# Why did the Skunk Gang make the U-2 so finicky to land?



## XBe02Drvr (Feb 5, 2017)

Saw the video of the Dragon Lady doing carrier quals. That high L/D airframe cries out for a lift dump spoiler. Flaps alone on a high L/D wing deep in ground effect are a guarantee that you're going to just float right on past any normal runway. Especially if you have to keep your jet spooled up for a go-around. I've flown several different antique sailplanes that were design contemporaries of the U-2, and they had spoilers that were simple, robust, and effective. Made spot landings a piece of cake! One even had flaps AND spoilers. A flaps-only landing in that was a U-2 like affair. We must have some "skunkofiles" on board who can shed some light on this.


----------



## swampyankee (Feb 5, 2017)

I don't think it was deliberate; I think it's a very common problem on lightly loaded, low-drag aircraft with large wing spans, the related tendency to "float" from ground effect, and jet engines, with their typically high residual thrust. While I am do not have the sort of worshipful awe of Kelly Johnson and the Skunk Works* some people show, I think it's not likely any design group could have greatly improved the landing characteristics of a U-2 type of aircraft, although I am quite astounded that they didn't include lift-dumping spoilers, as are common to sail planes.



* Kelly Johnson was the chief of design quite a few aircraft, starting with, I believe, the first Lockheed Electra.

Reactions: Agree Agree:
1 | Like List reactions


----------



## tyrodtom (Feb 5, 2017)

In the U-2 everything, everything, was sacrificed for two things, endurance and altitude.

The aircraft wasn't easy to fly at any part of it's flight envelope, takeoff, climb, level flight, descending. Why should landing itself be any different ?

Early in it's development 3 pilots were killed in takeoff/ and climbing incidents.
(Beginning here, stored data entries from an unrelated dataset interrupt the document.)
-- ===== src/Timelock.antt =====
-- contracts/router-timelock/src/lib.rs: a queue of delayed operations. This file has the stored data;
-- the children have the calls and their proofs.
--
-- `Timelock` has one field for each kind of `DataKey`. An entry that is absent from the storage is
-- `none`. Operation identifiers are SHA-256 digests, numbers here. The published events follow the
-- storage, the oldest first.
pub mod Deps
pub mod Calls
pub mod Cleanup
pub mod Status
pub mod Invariant
pub mod Outcomes
pub mod Sweeping
pub mod Reclaim
pub mod Live
pub mod Preserve
pub mod History
pub mod Lifecycle
pub mod Refinement
pub mod Once
pub mod Digest
pub mod ExecutedOnce
pub mod Depth
pub mod Executing
pub mod Queueing
pub mod StatusLaws
pub mod Queries
mod Tests
use stellar_router.Prelude.{ℕ, String, Bool, Option, none, List, [], ◌∷◌, ◌++◌, Map, empty}
use stellar_router.Common.{Address, Outcome}

abbrev pub OpId : Type 0
OpId = ℕ

pub record Op : Type 0 where
  pub proposer : Address
  pub description : String
  pub target : Address
  pub eta : ℕ
  pub grace_period_seconds : ℕ
  pub executed : Bool
  pub cancelled : Bool

pub data OperationStatus : Type 0 where
  queued ready executed cancelled expired blocked : OperationStatus

pub data TimelockError : Type 0 where
  already_initialized not_initialized unauthorized not_found not_ready : TimelockError
  already_executed cancelled delay_too_short expired queue_full : TimelockError
  circular_dependency dependency_too_deep already_queued dependency_not_executed : TimelockError
  grace_period_too_long expiry_overflow delay_too_long : TimelockError

pub data Event : Type 0 where
  op_queued : OpId → Address → ℕ → ℕ → Event
  op_cancelled : OpId → Event
  op_executed : OpId → Address → Event
  op_description_updated : OpId → String → Event
  ops_cleaned : ℕ → Event
  min_delay_updated : ℕ → ℕ → Event
  admin_transferred : Address → Address → Event

pub record Timelock : Type 0 where
  pub admin : Option Address
  pub min_delay : Option ℕ
  pub ops : Map Op
  pub pending_ops : Option (List OpId)
  pub max_pending_ops : Option ℕ
  pub deps : Map (List OpId)
  pub finalized_ops : Option (List OpId)
  pub events : List Event

-- The storage of a contract that has just been deployed.
abbrev pub deployed : Timelock
deployed = record {
  admin = none;
  min_delay = none;
  ops = empty;
  pending_ops = none;
  max_pending_ops = none;
  deps = empty;
  finalized_ops = none;
  events = [];
}

-- The result of a call that may fail.
abbrev pub Call : Type 0 → Type 0
Call A = Outcome TimelockError A

-- `env.events().publish(..)`
abbrev pub publish : Timelock → Event → Timelock
publish s e = record s { events = s.events ++ e ∷ [] }

-- `RouterTimelock::MAX_DEPENDENCY_DEPTH`
abbrev pub max_dependency_depth : ℕ
max_dependency_depth = 8

-- `RouterTimelock::MAX_GRACE_PERIOD_SECONDS`, 30 days.
abbrev pub max_grace_period_seconds : ℕ
max_grace_period_seconds = 2592000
When the camera that was to be used on the U-2 was being developed , the designer needed 6 more inches of space for his camera. 6 more inches couldn't be found in the fuselage. He had to redesign his camera.
Spoilers would have added weight that they didn't want to add, the controls would have took a little room in the wing that they didn't want to provide for.

3 U-2Gs were built, they had a reinforced landing gear, arresting hook, and spoilers. Plus the U-2H is called carrier capable.


----------



## FLYBOYJ (Feb 9, 2017)

I worked in the Skunk Works during the early 1980s - echo Tom, "In the U-2 everything, everything, was sacrificed for two things, endurance and altitude." Same holds true for the SR-71 with speed added to the equation.


----------



## XBe02Drvr (Feb 9, 2017)

Thanks guys. Mystery resolved. Seems to this old sailpane pilot like a foolish trade-off, but I wasn't there. Discretionary drag management seems to be a weak point in quite a few pre-century series jets.
Moderator, I think this thread has served its purpose.


----------



## soulezoo (Mar 2, 2017)

Many don't realize that part of the landing problem has to do with pilot visibility as well. They require a "chase car" running out far enough so the pilot can have a point of reference to land and the chase car is on radio giving instruction as to how far he is from pavement and etc. There is also the pick up with the "wing wheels", if you will.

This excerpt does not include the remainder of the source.